Segment Start: MATERIAL PROVIDED
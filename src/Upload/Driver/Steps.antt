-- ===== src/Upload/Driver/Steps.antt =====
-- The steps of `drive_put` of crates/qftp-server/src/transfer_put.rs before the commit.
use qftp.Prelude.{
  ℕ, ◌≤◌, Bytes, Bool, true, false, not, ◌&&◌, Option, none, some, List, [], ◌∷◌, length, take,
  drop, length-take, ltb, ◌==◌, nat_eq, list_eq, Result, ok, err, ◌≡◌, inl, inr, refl, arith,
  Bool-cases,
}
use qftp.Paths.{FilePath}
use qftp.Upload.Trailer.{TrailerBuf, extend, is_full}
use qftp.Upload.Decoder.{Zstd}
use qftp.Upload.Split.{PutOverflow, PutChunkSplit, classify_put_chunk}
use qftp.Upload.Driver.{
  PutError, body_overflow, surplus_trailer, body_truncated, frame_cut, stream_failed, trailer_cut,
  put_overflow_err, refusal, RecvEncoding, identity_body, zstd_body, StreamRecv, chunk, blocked,
  invalid_state, recv_failed, Env, Exit, answer, Put, Step, continue, take_body, set_trailer,
  feed_zstd_put_chunk, reject,
}
use qftp.Upload.Driver.Drive
use qftp.Upload.Driver.Drive.{expected_of, matches, is_there, drive_put}
use qftp.Upload.Driver.Sound.{
  IsKept, IsReady, IsGood, IsGood-bind, refused-IsGood, reject-IsGood, take_body-IsGood,
  set_trailer-IsReady, feed_zstd_put_chunk-IsGood, rejected-IsGood,
}

module _ {Z : Type 0} (z : Zstd Z) (hash : Bytes → Bytes) (text : PutError → Bytes) (env : Env)
    (final : FilePath) (before : Option Bytes) (total : ℕ) where
  abbrev pub Ready : Put Z → Type 0
  Ready = IsReady hash final before total

  abbrev pub Good : {A : Type 0} → Result Exit A × Put Z → Type 0
  Good = IsGood hash final before total

  pub bind :
      {A B : Type 0} (s : Result Exit A × Put Z) (f : A → Step Z B)
      → Good s
      → ((a : A) (p : Put Z) → Ready p → Good (f a p))
      → Good (continue f s)
  bind = IsGood-bind hash final before total

  pub refused :
      (A : Type 0) (e : PutError) (p : Put Z)
      → IsKept hash final before total p
      → Good {A = A} (err (answer (refusal text e)), p)
  refused A e p k = refused-IsGood hash final before total A text e p k

  pub rejecting :
      (A : Type 0) (e : PutError) (p : Put Z)
      → IsKept hash final before total p
      → Good {A = A} (reject (refusal text e) p)
  rejecting A e p k = reject-IsGood hash final before total A text e p k

  take_held-Good :
      (pending : Bytes) (enc : RecvEncoding Z) (p : Put Z)
      → Ready p
      → Good (Drive.take_held z hash text env pending enc p)
  take_held-Good pending identity_body (u, w) r =
      elim (Bool-cases (ltb u.remaining (length pending))) [
        | inl over ↦ rw over (refused (Unit {0}) body_overflow (u, w) r.keeps)
        | inr fits ↦ rw fits (
            take_body-IsGood hash final before total text env pending (u, w) r
              (ground (arith, fits)))
      ]
  take_held-Good pending (zstd_body d) p r =
      rejected-IsGood hash final before total (feed_zstd_put_chunk text z env pending d p)
        (feed_zstd_put_chunk-IsGood hash final before total text env z pending d p r)

  pub take_pending-Good :
      (pending : Bytes) (p : Put Z) → Ready p → Good (Drive.take_pending z hash text env pending p)
  take_pending-Good pending (u, w) r = elim (Bool-cases (length pending == 0)) [
    | inl empty ↦ rw empty r
    | inr held ↦ rw held (take_held-Good pending u.recv_encoding (u, w) r)
  ]

  pub keep_trailer-Ready :
      (bs : Bytes) (buf : Option TrailerBuf) (q : Put Z)
      → Ready q
      → Ready (Drive.keep_trailer z hash text env bs buf q)
  keep_trailer-Ready bs none q k = k
  keep_trailer-Ready bs (some buf) q k = elim (Bool-cases (length bs == 0)) [
    | inl empty ↦ rw empty k
    | inr more ↦
        rw more (set_trailer-IsReady hash final before total text env (extend bs buf).1 q k)
  ]

  split_chunk-Good :
      (piece : Bytes) (split : Result PutOverflow PutChunkSplit) (p : Put Z)
      → ((s : PutChunkSplit) → split ≡ ok s → length (take s.to_body piece) ≤ p.0.remaining)
      → Ready p
      → Good (Drive.split_chunk z hash text env piece split p)
  split_chunk-Good piece (err o) p fits r = refused (Unit {0}) (put_overflow_err o) p r.keeps
  split_chunk-Good piece (ok split) p fits r =
      bind (take_body text env (take split.to_body piece) p) _
        (take_body-IsGood hash final before total text env (take split.to_body piece) p r
          (fits split refl))
        (λ a q k.
          keep_trailer-Ready (take split.to_trailer (drop split.to_body piece)) q.0.trailer_buf q k)

  pub classify-fits :
      (piece : Bytes) (left : ℕ) (announced : Bool) (room : ℕ) (s : PutChunkSplit)
      → classify_put_chunk (length piece) left announced room ≡ ok s
      → length (take s.to_body piece) ≤ left
  unfolding classify_put_chunk
  classify-fits piece left announced room s h = ground (arith, h, length-take s.to_body piece)

  check_fin-Good : (fin : Bool) (p : Put Z) → Ready p → Good (Drive.check_fin z hash text env fin p)
  check_fin-Good fin (u, w) r = elim (Bool-cases (fin && ltb 0 u.remaining)) [
    | inl short ↦ rw short (refused (Unit {0}) (body_truncated u.remaining) (u, w) r.keeps)
    | inr fine ↦ rw fine r
  ]

  check_frame-Good :
      (fin : Bool) (p : Put Z) → Ready p → Good (Drive.check_frame z hash text env fin p)
  check_frame-Good fin (u, w) r =
      elim (Bool-cases (fin && Drive.frame_open z hash text env u.recv_encoding)) [
        | inl cut ↦ rw cut (rejecting (Unit {0}) frame_cut (u, w) r.keeps)
        | inr fine ↦ rw fine r
      ]

  take_chunk-Good :
      (piece : Bytes) (fin : Bool) (enc : RecvEncoding Z) (p : Put Z)
      → Ready p
      → Good (Drive.take_chunk z hash text env piece fin enc p)
  take_chunk-Good piece fin identity_body (u, w) r =
      bind _ _ (split_chunk-Good piece _ (u, w) (λ s h. classify-fits piece u.remaining _ _ s h) r)
        (λ a q k. check_fin-Good fin q k)
  take_chunk-Good piece fin (zstd_body d) p r =
      bind _ _
        (rejected-IsGood hash final before total (feed_zstd_put_chunk text z env piece d p)
          (feed_zstd_put_chunk-IsGood hash final before total text env z piece d p r))
        (λ a q k. check_frame-Good fin q k)

  receive_chunk-Good :
      (piece : Bytes) (fin : Bool) (p : Put Z)
      → Ready p
      → Good (Drive.receive_chunk z hash text env piece fin p)
  unfolding Drive.receive_chunk
  receive_chunk-Good piece fin (u, w) r = take_chunk-Good piece fin u.recv_encoding (u, w) r

  on_answer-Good :
      (rest : Step Z (List StreamRecv)) (answers : List StreamRecv) (a : StreamRecv) (done : Bool)
      (p : Put Z)
      → ((q : Put Z) → Ready q → Good (rest q))
      → Ready p
      → Good (Drive.on_answer z hash text env rest answers a done p)
  on_answer-Good rest answers a true p g r = r
  on_answer-Good rest answers blocked false p g r = r
  on_answer-Good rest answers invalid_state false p g r =
      refused (List StreamRecv) stream_failed p r.keeps
  on_answer-Good rest answers recv_failed false p g r =
      refused (List StreamRecv) stream_failed p r.keeps
  on_answer-Good rest answers (chunk piece fin) false p g r =
      bind (Drive.receive_chunk z hash text env piece fin p) _ (receive_chunk-Good piece fin p r)
        (λ a q k. g q k)

  pub phase_a-Good :
      (answers : List StreamRecv) (p : Put Z)
      → Ready p
      → Good (Drive.phase_a z hash text env answers p)
  unfolding Drive.phase_a
  phase_a-Good [] p r = r
  phase_a-Good (a ∷ answers) p r =
      on_answer-Good (Drive.phase_a z hash text env answers) answers a
        (Drive.body_done z hash text env p) p (phase_a-Good answers) r

  pub drain_trailer-Good :
      (answers : List StreamRecv) (buf : TrailerBuf) (p : Put Z)
      → Ready p
      → Good (Drive.drain_trailer z hash text env answers buf p)
  unfolding Drive.drain_trailer
  drain_trailer-Good [] buf p r = elim (Bool-cases (is_full buf)) [
    | inl full ↦ rw (full, Drive.drain_trailer) r
    | inr part ↦ rw (part, Drive.drain_trailer) (inl r)
  ]
  drain_trailer-Good (blocked ∷ answers) buf p r = elim (Bool-cases (is_full buf)) [
    | inl full ↦ rw (full, Drive.drain_trailer) r
    | inr part ↦ rw (part, Drive.drain_trailer) (inl r)
  ]
  drain_trailer-Good (invalid_state ∷ answers) buf p r = elim (Bool-cases (is_full buf)) [
    | inl full ↦ rw (full, Drive.drain_trailer) r
    | inr part ↦ rw (part, Drive.drain_trailer) (refused (Unit {0}) trailer_cut p r.keeps)
  ]
  drain_trailer-Good (recv_failed ∷ answers) buf p r = elim (Bool-cases (is_full buf)) [
    | inl full ↦ rw (full, Drive.drain_trailer) r
    | inr part ↦ rw (part, Drive.drain_trailer) (refused (Unit {0}) stream_failed p r.keeps)
  ]
  drain_trailer-Good (chunk piece fin ∷ answers) buf p r =
      let e = extend piece buf in
      let set = set_trailer-IsReady hash final before total text env e.1 p r in
      let p' = set_trailer text e.1 p in
      elim (Bool-cases (is_full buf)) [
        | inl full ↦ rw (full, Drive.drain_trailer) r
        | inr part ↦ elim (Bool-cases (ltb e.0 (length piece))) [
          | inl over ↦
              rw (part, over, Drive.drain_trailer) (refused (Unit {0}) surplus_trailer p' set.keeps)
          | inr all ↦ elim (Bool-cases (fin && not (is_full e.1))) [
            | inl cut ↦
                rw (part, all, cut, Drive.drain_trailer)
                  (refused (Unit {0}) trailer_cut p' set.keeps)
            | inr fine ↦
                rw (part, all, fine, Drive.drain_trailer) (drain_trailer-Good answers e.1 p' set)
          ]
        ]
      ]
Segment End: MATERIAL PROVIDED
- _EXERCISE AIM_: Copy every line of the data above in which the string "room" appears.

- _WRITTEN ANSWER_:
      (piece : Bytes) (left : ℕ) (announced : Bool) (room : ℕ) (s : PutChunkSplit)
      → classify_put_chunk (length piece) left announced room ≡ ok s
  classify-fits piece left announced room s h = ground (arith, h, length-take s.to_body piece)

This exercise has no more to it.